2. Regular convergence

Lemma 2.1.   The operators $(\mathbf{A}_e, D(\mathbf{A}_\epsilon))$ generate equibounded $C_0$-semigroups on $\mathbf{X}$.

Proof. We begin with $(\mathbf{A}_{0,\epsilon}, D(\mathbf{A}_\epsilon)).$ As we mentioned earlier, $(\mathbf{A}_{0,\epsilon}, D(\mathbf{A}_\epsilon))$ generates a $C_0$ semigroup for each $\epsilon>0$ follows from [5,Theorem 3.1]. Clearly, if for each $\epsilon>0$ the semigroup ${\left( {{e^{t{\mathbf{A}_{0,\epsilon}}}}} \right)_{t \ge 0}}$ is contractive, then there is nothing to prove.

In the general case, we rewrite the main formulae from the proof of [5,Theorem 3.1], specified for (5). First, we solve

$\lambda \epsilon u_{\epsilon,j} + v_j \partial_x u_{\epsilon,j} =\epsilon f_j, j\in \mathsf{N}, x \in (0,1), \label{res0}$

(7)

with $(u_{\epsilon,j})_{j\in \mathsf{N}}=\mathbf{u}_\epsilon \in D(\mathbf{A}_{0,\epsilon})$. The general solution is

$\mathbf{u}_\epsilon(x) = \mathbf{E}_{\epsilon \lambda }(x)\mathbf{c}_\epsilon +\epsilon \mathbf{V}^{-1} \int\limits_0^1 \mathbf{E}_{\epsilon \lambda }(x-s)\mathbf{f}(s)ds, \label{res1}$

(8)

where $\mathbf{c}_\epsilon = (c_{\epsilon,j})_{j\in \mathsf{N}}$ is an arbitrary vector and $\mathbf{E}_{\epsilon \lambda }(s) = \mathrm{diag}\left(e^{-\frac{\epsilon \lambda }{v_j}s}\right)_{j\in \mathsf{N}}.$ Then, using the boundary condition $\mathbf{u}_\epsilon(0) = (\mathbf{I}+\epsilon \mathbf{B})\mathbf{u}_\epsilon(1),$ we obtain

$(\mathbf{I} - (\mathbf{I}+\epsilon \mathbf{B})\mathbf{E}_{\epsilon \lambda }(1))\mathbf{c}_\epsilon = \epsilon(\mathbf{I}+\epsilon \mathbf{B})\mathbf{V}^{-1} \int\limits_0^1 \mathbf{E}_{\epsilon \lambda }(1-s)\mathbf{f}(s)ds. \label{resk}$

(9)

If $\epsilon$ is fixed, $\|\mathbf{E}_{\epsilon \lambda }(1)\|$ can be made arbitrarily small by choosing large $\lambda$. Then $\mathbf{c}_\epsilon$ is uniquely defined by the Neumann series and hence the resolvent of $\mathbf{A}_{0,\epsilon}$ exists.

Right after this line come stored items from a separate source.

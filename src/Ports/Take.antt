-- ===== src/Ports/Take.antt =====
-- `preceive` (xinu/sys/common/preceive.c) takes the first message of the port.
use xinu_swd.Prelude.{
  ℕ, ◌≡◌, refl, sym, ap, ◌∙◌, true, false, List, [], ◌∷◌, arith, ◌==◌, ==_iff, Bool-cases, inl, inr,
}
use mathlib.Core.Path.{subst}
use xinu_swd.Prelude.Int.{ℤ, ==ℤ-refl}
use xinu_swd.Ports.{Ports, put, set_pt, take_msg}
use xinu_swd.Ports.Nodes.{has, Nodes, IsPort, put_same, Nodes-put, ne_last, msgs}

abbrev freed : ℕ → Ports → Ports
freed n s = record s { ptnext = put s.ptnext n s.ptfree; ptfree = n }

-- The last message is taken, or one with others behind it.
abbrev emptied : ℤ → ℕ → Ports → Ports
emptied p n s = set_pt p (record (s.ports p) { pthead = 0; pttail = 0 }) (freed n s)

abbrev advanced : ℤ → ℕ → Ports → Ports
advanced p n s = set_pt p (record (s.ports p) { pthead = s.ptnext n }) (freed n s)

take_msg-emptied :
    (s : Ports) (p : ℤ)
    → ((s.ports p).pthead == (s.ports p).pttail) ≡ true
    → take_msg p s ≡ (s.ptmsg (s.ports p).pthead, emptied p (s.ports p).pthead s)
unfolding take_msg
take_msg-emptied s p h = rw h

take_msg-advanced :
    (s : Ports) (p : ℤ)
    → ((s.ports p).pthead == (s.ports p).pttail) ≡ false
    → take_msg p s ≡ (s.ptmsg (s.ports p).pthead, advanced p (s.ports p).pthead s)
unfolding take_msg
take_msg-advanced s p h = rw h

module _ {s : Ports} {p : ℤ} where
  taken-apart :
      (n : ℕ) (fs ns : List ℕ)
      → IsPort s p fs (n ∷ ns)
      → (a : ℕ) → has a (n ∷ fs) ≡ true
      → has a ns ≡ false
  taken-apart n fs ns is a h = elim (Bool-cases (a == n)) [
    | inl e ↦ let same : a ≡ n = ground (arith, ==_iff a n) in rw same is.list_distinct.0
    | inr e ↦ ground (arith, is.apart a)
  ]

  freed-free :
      (n : ℕ) (fs ns : List ℕ)
      → IsPort s p fs (n ∷ ns)
      → (has n fs ≡ false) × Nodes (put s.ptnext n s.ptfree) n (n ∷ fs)
  freed-free n fs ns is =
      let out : has n fs ≡ false = elim (Bool-cases (has n fs)) [
        | inl h ↦ absurd (ground (arith, is.apart n h, ==_iff n n))
        | inr h ↦ h
      ] in
      (
        out,
        (
          refl,
          is.list.1,
          rw (put_same s.ptnext n s.ptfree) (Nodes-put s.ptnext n s.ptfree s.ptfree fs out is.free),
        ),
      )

  emptied-IsPort :
      (n : ℕ) (fs : List ℕ) → IsPort s p fs (n ∷ []) → IsPort (emptied p n s) p (n ∷ fs) []
  emptied-IsPort n fs is =
      let (out, free) = freed-free n fs [] is in
      record {
        free = free;
        list = rw (==ℤ-refl p) refl;
        tail = rw (==ℤ-refl p) refl;
        free_distinct = (out, is.free_distinct);
        list_distinct = tt;
        apart = λ a h. refl;
      }

  advanced-IsPort :
      (n : ℕ) (fs : List ℕ) (m : ℕ) (ns : List ℕ)
      → IsPort s p fs (n ∷ m ∷ ns)
      → IsPort (advanced p n s) p (n ∷ fs) (m ∷ ns)
  advanced-IsPort n fs m ns is =
      let (out, free) = freed-free n fs (m ∷ ns) is in
      record {
        free = free;
        list =
            rw (==ℤ-refl p)
              (Nodes-put s.ptnext n s.ptfree (s.ptnext n) (m ∷ ns) is.list_distinct.0 is.list.2);
        tail = rw (==ℤ-refl p) is.tail;
        free_distinct = (out, is.free_distinct);
        list_distinct = is.list_distinct.1;
        apart = taken-apart n fs (m ∷ ns) is;
      }

  -- For a port with a message whose nodes and those of the list of free nodes are well linked and
  -- apart: what `preceive` does once there is a message returns the first one, its node is then the
  -- first free one, both lists are well linked and apart, and the messages of the port are the
  -- others in their order.
  pub take_msg-msgs :
      (n : ℕ) (fs ns : List ℕ)
      → IsPort s p fs (n ∷ ns)
      → IsPort (take_msg p s).1 p (n ∷ fs) ns
        × (msgs s (n ∷ ns) ≡ (take_msg p s).0 ∷ msgs (take_msg p s).1 ns)
  take_msg-msgs n fs [] is =
      let z : ((s.ports p).pthead == (s.ports p).pttail) ≡ true =
        ground (arith, is.tail, is.list.0, ==_iff (s.ports p).pthead (s.ports p).pttail) in
      let e : take_msg p s ≡ (s.ptmsg n, emptied p n s) =
        take_msg-emptied s p z ∙ ap (λ z. (s.ptmsg z, emptied p z s)) is.list.0 in
      subst (λ z. IsPort z.1 p (n ∷ fs) [] × (msgs s (n ∷ []) ≡ z.0 ∷ msgs z.1 [])) (sym e)
        (emptied-IsPort n fs is, refl)
  take_msg-msgs n fs (m ∷ ns) is =
      let l = ne_last n m ns is.list_distinct.0 in
      let z : ((s.ports p).pthead == (s.ports p).pttail) ≡ false = rw (is.tail, is.list.0) l in
      let e : take_msg p s ≡ (s.ptmsg n, advanced p n s) =
        take_msg-advanced s p z ∙ ap (λ z. (s.ptmsg z, advanced p z s)) is.list.0 in
      subst (λ z. IsPort z.1 p (n ∷ fs) (m ∷ ns) × (msgs s (n ∷ m ∷ ns) ≡ z.0 ∷ msgs z.1 (m ∷ ns)))
        (sym e) (advanced-IsPort n fs m ns is, refl)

Since $\mathbf{I}+\epsilon \mathbf{B}\geq 0,$ we can work with $\mathbf{f}\geq 0$. Adding together the rows in (9) we obtain

$\sum\limits_{j\in \mathsf{N}} c_{\epsilon,j} = \sum\limits_{j\in \mathsf{N}} (1+\epsilon \mathsf{b}_j)e^{-\frac{\epsilon \lambda }{v_j}}c_{\epsilon,j} + \epsilon \sum\limits_{j\in \mathsf{N}} \frac{1+\epsilon \mathsf{b}_j}{v_j} \int\limits_0^1 {e^{\frac{\epsilon \lambda }{v_j}(s-1)}} f_j(s)ds, \label{res2}$

(10)

where $\mathsf{b}_j = \sum\limits_{i\in N} b_{ij}<+\infty$ for any $j \in \mathsf{N}$ (by assumption that $\mathbf{B}$ is a bounded operator on $l^1_\mathsf{N}$). We renorm $\mathbf{X}$ with $\|\mathbf{u}\|_v = \sum_{j\in \mathsf{N}} v^{-1}_j\|u_j\|$, which is equivalent to the standard norm by (6). Then, by integrating (8), we obtain

$\|\mathbf{u}_\epsilon\|_v = \label{vest} \frac{1}{\lambda} \sum\limits_{j\in \mathsf{N}}\! c_{\epsilon,j}e^{-\frac{\epsilon \lambda }{v_j}}\mathsf{b}_j + \frac{\epsilon}{\lambda} \sum\limits_{j\in \mathsf{N}}\frac{\mathsf{b}_j}{v_j}\!\! \int\limits_0^1 \!\! e^{\frac{\epsilon \lambda }{v_j}(s-1)}f_j(s)ds + \frac{1}{\lambda} \|\mathbf{f}\|_v,$

(11)

see [5,Theorem 3.1] for details. The case when $\mathsf{b}_j\leq 0$ for all $j\in \mathsf{N}$ leads to a contractive semigroup for each $\epsilon>0$ and the equiboundedness is obvious. Otherwise, as in op. cit., we can assume that each $\mathsf{b}_j$ is nonnegative. Then the generation is achieved by the application of the Arendt-Batty-Robinson theorem [2,3]. However, to prove equiboundedness of ${\left( {{e^{t{\mathbf{A}_\epsilon}}}} \right)_{t \ge 0}}$ we need to understand how the Hille-Yosida estimates are obtained in this theorem.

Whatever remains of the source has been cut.